In two of the 9599 patients who took clopidogrel, there was a complete absence of neutrophils in the peripheral blood, which was not observed in any of the 9586 patients taking ASA. Although the risk of developing myelotoxic effects with clopidogrel is low, if a patient who takes clopidogrel has a fever or other signs of infection, a check should be made for possible neutropenia.

In the treatment of clopidogrel in one case, development of aplastic anemia was observed.

The incidence of severe thrombocytopenia (<80 × 109 / L) was 0.2% in patients taking clopidogrel and 0.1% in patients taking ASA; Reported very rare cases of a decrease in the number of thrombocytes <30-109 / l.

In the CURE and CLARITY studies, there was a comparable number of patients with thrombocytopenia or neutropenia in both treatment groups.

Other clinically relevant adverse reactions observed during clinical trials of CAPRIE, CURE, CLARITY COMMIT, and ACTIVE-A

Unwanted reactions that were observed during the above clinical trials are divided into system-organ classes according to the MedDRA classification.

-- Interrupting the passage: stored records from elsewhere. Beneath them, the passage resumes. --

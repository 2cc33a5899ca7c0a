-- ===== src/Mail.antt =====
-- backend-rs/src/email_worker.rs, the drain of the outbox. The table is its rows by id, in the order
-- of the query; what an address, in lower case, is suppressed for and what a send comes to are
-- arguments, and the queries succeed: a failed one ends the tick where it stands. Times are seconds.
pub mod Accounting
pub mod Laws
pub mod Lines
pub mod Rows
pub mod Settling
mod Tests
use sentinel_command.Prelude.{
  ℕ, suc, ◌+◌, ◌-◌, Bool, true, false, not, ◌&&◌, List, [], ◌∷◌, ◌++◌, map, Option, none, some,
  length, take, leb, ltb, nat_beq, if◌then◌else◌,
}
use sentinel_command.Interfaces.{◌==◌, nat_eq}
use sentinel_command.Text.{Text, text_eq, codes, is_empty}
use sentinel_command.Assoc.{Assoc, retain}
use sentinel_command.Assoc

pub data Status : Type 0 where
  pending sending sent failed suppressed : Status

pub record OutboxRow : Type 0 where
  pub org_id : Text
  pub recipient_email : Text
  pub subject : Text
  pub body_text : Text
  pub body_html : Text
  pub kind : Text
  pub status : Status
  pub attempts : ℕ
  pub last_attempt_at : Option ℕ
  pub sent_at : Option ℕ
  pub resend_message_id : Option Text
  pub error : Option Text

abbrev pub Outbox : Type 0
Outbox = Assoc ℕ OutboxRow

abbrev pub is_pending : Status → Bool
is_pending pending = true
is_pending sending = false
is_pending sent = false
is_pending failed = false
is_pending suppressed = false

abbrev pub is_sending : Status → Bool
is_sending pending = false
is_sending sending = true
is_sending sent = false
is_sending failed = false
is_sending suppressed = false

abbrev pub is_failed : Status → Bool
is_failed pending = false
is_failed sending = false
is_failed sent = false
is_failed failed = true
is_failed suppressed = false

pub record LogRow : Type 0 where
  pub org_id : Text
  pub recipient_email : Text
  pub kind : Text
  pub outcome : Status
  pub resend_message_id : Option Text
  pub error : Option Text
  pub timestamp : ℕ

pub record TickSummary : Type 0 where
  pub sent : ℕ
  pub failed : ℕ
  pub suppressed : ℕ
  pub reclaimed : ℕ

abbrev pub sending_reclaim_age : ℕ
sending_reclaim_age = 60

abbrev pub is_before : ℕ → Option ℕ → Bool
is_before cutoff none = false
is_before cutoff (some at) = ltb at cutoff

-- `status = 'sending' AND last_attempt_at < cutoff`.
abbrev pub is_stuck : ℕ → OutboxRow → Bool
is_stuck now row =
    if is_sending row.status
    then is_before (now - sending_reclaim_age) row.last_attempt_at
    else false

abbrev pub reclaim_row : ℕ → OutboxRow → OutboxRow
reclaim_row now row = if is_stuck now row then record row { status = pending } else row

unfoldable pub reclaim : ℕ → Outbox → Outbox
reclaim now [] = []
reclaim now ((id, row) ∷ rows) = (id, reclaim_row now row) ∷ reclaim now rows

unfoldable pub count_stuck : ℕ → Outbox → ℕ
count_stuck now [] = 0
count_stuck now ((id, row) ∷ rows) = (if is_stuck now row then 1 else 0) + count_stuck now rows

-- `SELECT ... WHERE status = 'pending' ... LIMIT`.
unfoldable pub select_pending : ℕ → Outbox → Outbox
select_pending batch rows = take batch (retain (λ _ row. is_pending row.status) rows)

-- `UPDATE ... WHERE id = ...`.
unfoldable pub update : ℕ → (OutboxRow → OutboxRow) → Outbox → Outbox
update id f rows = elim (Assoc.get id rows) [
  | none ↦ rows
  | some row ↦ Assoc.insert id (f row) rows
]

abbrev pub mark_row : ℕ → OutboxRow → OutboxRow
mark_row now row = record row { status = sending; last_attempt_at = some now }

unfoldable pub mark_sending : ℕ → Outbox → Outbox → Outbox
unfolding update
mark_sending now [] rows = rows
mark_sending now ((id, row) ∷ chosen) rows = mark_sending now chosen (update id (mark_row now) rows)

-- What `send_email` came to, and what the suppression list says.
pub data SendResult : Type 0 where
  skipped : SendResult
  ok : Option Text → SendResult
  not_sent : Option Text → SendResult

-- The outcome of a row: `("sent", id, none)`, `("suppressed", none, error)`, `("failed", none, error)`.
pub data Outcome : Type 0 where
  was_sent : Option Text → Outcome
  was_suppressed : Text → Outcome
  was_failed : Option Text → Outcome

abbrev pub outcome_of_send : SendResult → Outcome
outcome_of_send skipped = was_sent none
outcome_of_send (ok message_id) = was_sent message_id
outcome_of_send (not_sent error) = was_failed error

abbrev pub process_row : Option Text → SendResult → Outcome
process_row none result = outcome_of_send result
process_row (some reason) result = was_suppressed (codes "address_suppressed: reason=" ++ reason)

abbrev pub give_up_status : ℕ → ℕ → Status
give_up_status max_attempts attempts = if leb max_attempts attempts then failed else pending

-- The update of `finalize_row`, with the attempts that the row had when it was read.
abbrev pub finalize_row : ℕ → ℕ → ℕ → Outcome → OutboxRow → OutboxRow
finalize_row max_attempts now attempts (was_sent message_id) row = record row {
  attempts = suc attempts;
  status = sent;
  sent_at = some now;
  resend_message_id = message_id;
  error = none;
}
finalize_row max_attempts now attempts (was_suppressed reason) row = record row {
  attempts = suc attempts;
  status = suppressed;
  error = some reason;
}
finalize_row max_attempts now attempts (was_failed error) row = record row {
  attempts = suc attempts;
  status = give_up_status max_attempts (suc attempts);
  error = error;
}

-- The state that `finalize_row` reports.
abbrev pub terminal_of : ℕ → ℕ → Outcome → Status
terminal_of max_attempts attempts (was_sent message_id) = sent
terminal_of max_attempts attempts (was_suppressed reason) = suppressed
terminal_of max_attempts attempts (was_failed error) = give_up_status max_attempts (suc attempts)

abbrev pub status_of : Outcome → Status
status_of (was_sent message_id) = sent
status_of (was_suppressed reason) = suppressed
status_of (was_failed error) = failed

abbrev pub message_id_of : Outcome → Option Text
message_id_of (was_sent message_id) = message_id
message_id_of (was_suppressed reason) = none
message_id_of (was_failed error) = none

abbrev pub error_of : Outcome → Option Text
error_of (was_sent message_id) = none
error_of (was_suppressed reason) = some reason
error_of (was_failed error) = error

abbrev pub log_row : ℕ → OutboxRow → Outcome → LogRow
log_row now row result = record {
  org_id = row.org_id;
  recipient_email = row.recipient_email;
  kind = row.kind;
  outcome = status_of result;
  resend_message_id = message_id_of result;
  error = error_of result;
  timestamp = now;
}

-- `write_log`: nothing for a row in mid-retry.
abbrev pub write_log : ℕ → OutboxRow → Outcome → Status → List LogRow → List LogRow
write_log now row result terminal log =
    if is_failed (status_of result) && is_pending terminal
    then log
    else log ++ log_row now row result ∷ []

abbrev pub tally : Status → TickSummary → TickSummary
tally sent s = record s { sent = suc s.sent }
tally failed s = record s { failed = suc s.failed }
tally suppressed s = record s { suppressed = suc s.suppressed }
tally pending s = s
tally sending s = s

pub record Worker : Type 0 where
  pub rows : Outbox
  pub log : List LogRow
  pub summary : TickSummary

-- What a tick is given: its clock, what each address is suppressed for, what each send comes to.
pub record Tick : Type 0 where
  pub now : ℕ
  pub suppression : Text → Option Text
  pub send : ℕ → OutboxRow → SendResult

abbrev pub outcome : Tick → ℕ → OutboxRow → Outcome
outcome t id row = process_row (t.suppression row.recipient_email) (t.send id row)

unfoldable pub process_all : ℕ → Tick → Outbox → Worker → Worker
unfolding update
process_all max_attempts t [] w = w
process_all max_attempts t ((id, row) ∷ chosen) w =
    let result = outcome t id row in
    let terminal = terminal_of max_attempts row.attempts result in
    process_all max_attempts t chosen (record {
      rows = update id (finalize_row max_attempts t.now row.attempts result) w.rows;
      log = write_log t.now row result terminal w.log;
      summary = tally terminal w.summary;
    })

unfoldable pub run_one_tick : ℕ → ℕ → Tick → Outbox → List LogRow → Worker
unfolding reclaim count_stuck select_pending mark_sending process_all
run_one_tick batch max_attempts t rows log =
    let fresh = reclaim t.now rows in
    let chosen = select_pending batch fresh in
    let summary : TickSummary = record {
      sent = 0;
      failed = 0;
      suppressed = 0;
      reclaimed = count_stuck t.now rows;
    } in
    if is_empty chosen
    then record { rows = fresh; log = log; summary = summary }
    else process_all max_attempts t chosen
        (record { rows = mark_sending t.now chosen fresh; log = log; summary = summary })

The frequency of adverse reactions was determined according to WHO classification as very often (> 1/10); Often (> 1/100, <1/10); Infrequently (> 1/1000, <1/100); Rarely (> 1/10000, <1/1000); Very rarely (<1/10000, including individual messages); The frequency is unknown (it is not possible to determine the incidence of side effects from available data).

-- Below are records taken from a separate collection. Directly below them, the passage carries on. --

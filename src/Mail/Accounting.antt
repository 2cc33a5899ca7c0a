-- ===== src/Mail/Accounting.antt =====
-- email_worker.rs: the summary of a tick and the lines of its log.
use sentinel_command.Prelude.{
  ℕ, suc, ◌+◌, ◌≡◌, refl, List, [], ◌∷◌, length, take, arith, Bool-cases, inl, inr, ◌++◌, leb,
}
use sentinel_command.Interfaces.{nat_eq}
use sentinel_command.Assoc.{retain}
use sentinel_command.Text.{is_empty}
use sentinel_command.Mail.{
  OutboxRow, Outbox, is_pending, reclaim, select_pending, update, Tick, Outcome, was_sent,
  was_suppressed, was_failed, outcome, finalize_row, terminal_of, write_log, log_row, tally, LogRow,
  TickSummary, Worker, process_all, run_one_tick,
}
use sentinel_command.Mail.{Status, sent, failed, suppressed}

-- How many lines of the log have each outcome.
abbrev pub is_outcome : Status → Status → ℕ
is_outcome sent sent = 1
is_outcome failed failed = 1
is_outcome suppressed suppressed = 1
is_outcome wanted status = 0

abbrev pub count_log : Status → List LogRow → ℕ
count_log wanted [] = 0
count_log wanted (row ∷ log) = is_outcome wanted row.outcome + count_log wanted log

count_log-append :
    (wanted : Status) (log : List LogRow) (row : LogRow)
    → count_log wanted (log ++ row ∷ []) ≡ count_log wanted log + is_outcome wanted row.outcome
count_log-append wanted [] row = omega arith
count_log-append wanted (r ∷ log) row = omega (arith, count_log-append wanted log row)

-- The log has the lines that it had and one for each row that the summary counts.
pub record Accounted (before : List LogRow) (base : TickSummary) (log : List LogRow)
    (s : TickSummary) : Type 0 where
  pub sent_lines : count_log sent log + base.sent ≡ count_log sent before + s.sent
  pub failed_lines : count_log failed log + base.failed ≡ count_log failed before + s.failed
  pub suppressed_lines :
      count_log suppressed log + base.suppressed ≡ count_log suppressed before + s.suppressed
  pub all_lines :
      length log + (base.sent + base.failed + base.suppressed)
      ≡ length before + (s.sent + s.failed + s.suppressed)

length-append_one {ℓ} : {A : Type ℓ} (xs : List A) (x : A) → length (xs ++ x ∷ []) ≡ suc (length xs)
length-append_one [] x = refl
length-append_one (y ∷ xs) x = omega (arith, length-append_one xs x)

write_log-Accounted :
    (max_attempts now : ℕ) (row : OutboxRow) (result : Outcome) (log : List LogRow)
    (s : TickSummary)
    → let terminal = terminal_of max_attempts row.attempts result in
      Accounted log s (write_log now row result terminal log) (tally terminal s)
write_log-Accounted max_attempts now row (was_sent message_id) log s =
    (let line = log_row now row (was_sent message_id) in
      record {
        sent_lines = omega (arith, count_log-append sent log line);
        failed_lines = omega (arith, count_log-append failed log line);
        suppressed_lines = omega (arith, count_log-append suppressed log line);
        all_lines = omega (arith, length-append_one log line);
      })
write_log-Accounted max_attempts now row (was_suppressed reason) log s =
    (let line = log_row now row (was_suppressed reason) in
      record {
        sent_lines = omega (arith, count_log-append sent log line);
        failed_lines = omega (arith, count_log-append failed log line);
        suppressed_lines = omega (arith, count_log-append suppressed log line);
        all_lines = omega (arith, length-append_one log line);
      })
write_log-Accounted max_attempts now row (was_failed error) log s =
    elim (Bool-cases (leb max_attempts (suc row.attempts))) [
      | inl over ↦ rw over (
          let line = log_row now row (was_failed error) in
          record {
            sent_lines = omega (arith, count_log-append sent log line);
            failed_lines = omega (arith, count_log-append failed log line);
            suppressed_lines = omega (arith, count_log-append suppressed log line);
            all_lines = omega (arith, length-append_one log line);
          })
      | inr again ↦ rw again (record {
        sent_lines = refl;
        failed_lines = refl;
        suppressed_lines = refl;
        all_lines = refl;
      })
    ]

process_all-Accounted :
    (max_attempts : ℕ) (t : Tick) (chosen : Outbox) (w : Worker)
    → let after = process_all max_attempts t chosen w in
      Accounted w.log w.summary after.log after.summary
unfolding process_all
process_all-Accounted max_attempts t [] w = record {
  sent_lines = refl;
  failed_lines = refl;
  suppressed_lines = refl;
  all_lines = refl;
}
process_all-Accounted max_attempts t ((id, row) ∷ chosen) w =
    let result = outcome t id row in
    let terminal = terminal_of max_attempts row.attempts result in
    let here = write_log-Accounted max_attempts t.now row result w.log w.summary in
    let rest = process_all-Accounted max_attempts t chosen (record {
      rows = update id (finalize_row max_attempts t.now row.attempts result) w.rows;
      log = write_log t.now row result terminal w.log;
      summary = tally terminal w.summary;
    }) in
    record {
      sent_lines = omega (arith, here.sent_lines, rest.sent_lines);
      failed_lines = omega (arith, here.failed_lines, rest.failed_lines);
      suppressed_lines = omega (arith, here.suppressed_lines, rest.suppressed_lines);
      all_lines = omega (arith, here.all_lines, rest.all_lines);
    }

abbrev pub nothing_counted : TickSummary
nothing_counted = record { sent = 0; failed = 0; suppressed = 0; reclaimed = 0 }

pub run_one_tick-Accounted :
    (batch max_attempts : ℕ) (t : Tick) (rows : Outbox) (log : List LogRow)
    → let after = run_one_tick batch max_attempts t rows log in
      Accounted log nothing_counted after.log after.summary
unfolding run_one_tick select_pending
run_one_tick-Accounted batch max_attempts t rows log =
    let fresh = reclaim t.now rows in
    let chosen : Outbox = take batch (retain (λ _ row. is_pending row.status) fresh) in
    elim (Bool-cases (is_empty chosen)) [
      | inl idle ↦
          rw (idle, run_one_tick)
            (record {
              sent_lines = refl;
              failed_lines = refl;
              suppressed_lines = refl;
              all_lines = refl;
            })
      | inr busy ↦
          rw (busy, run_one_tick)
            (let all = process_all-Accounted max_attempts t chosen _ in
              record {
                sent_lines = all.sent_lines;
                failed_lines = all.failed_lines;
                suppressed_lines = all.suppressed_lines;
                all_lines = all.all_lines;
              })
    ]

From the nervous system: infrequently - headache, dizziness, paresthesia; Rarely - vertigo.

From the digestive tract: often - dyspepsia, abdominal pain, diarrhea; Infrequently - nausea, gastritis, bloating, constipation, vomiting, stomach ulcer, duodenal ulcer.

From the skin and subcutaneous tissue: infrequently - rash, itching.

On the part of the blood and lymphatic system: infrequently - an increase in bleeding time, a decrease in the number of platelets in the peripheral blood, leukopenia, a decrease in the number of neutrophils in the peripheral blood, eosinophilia.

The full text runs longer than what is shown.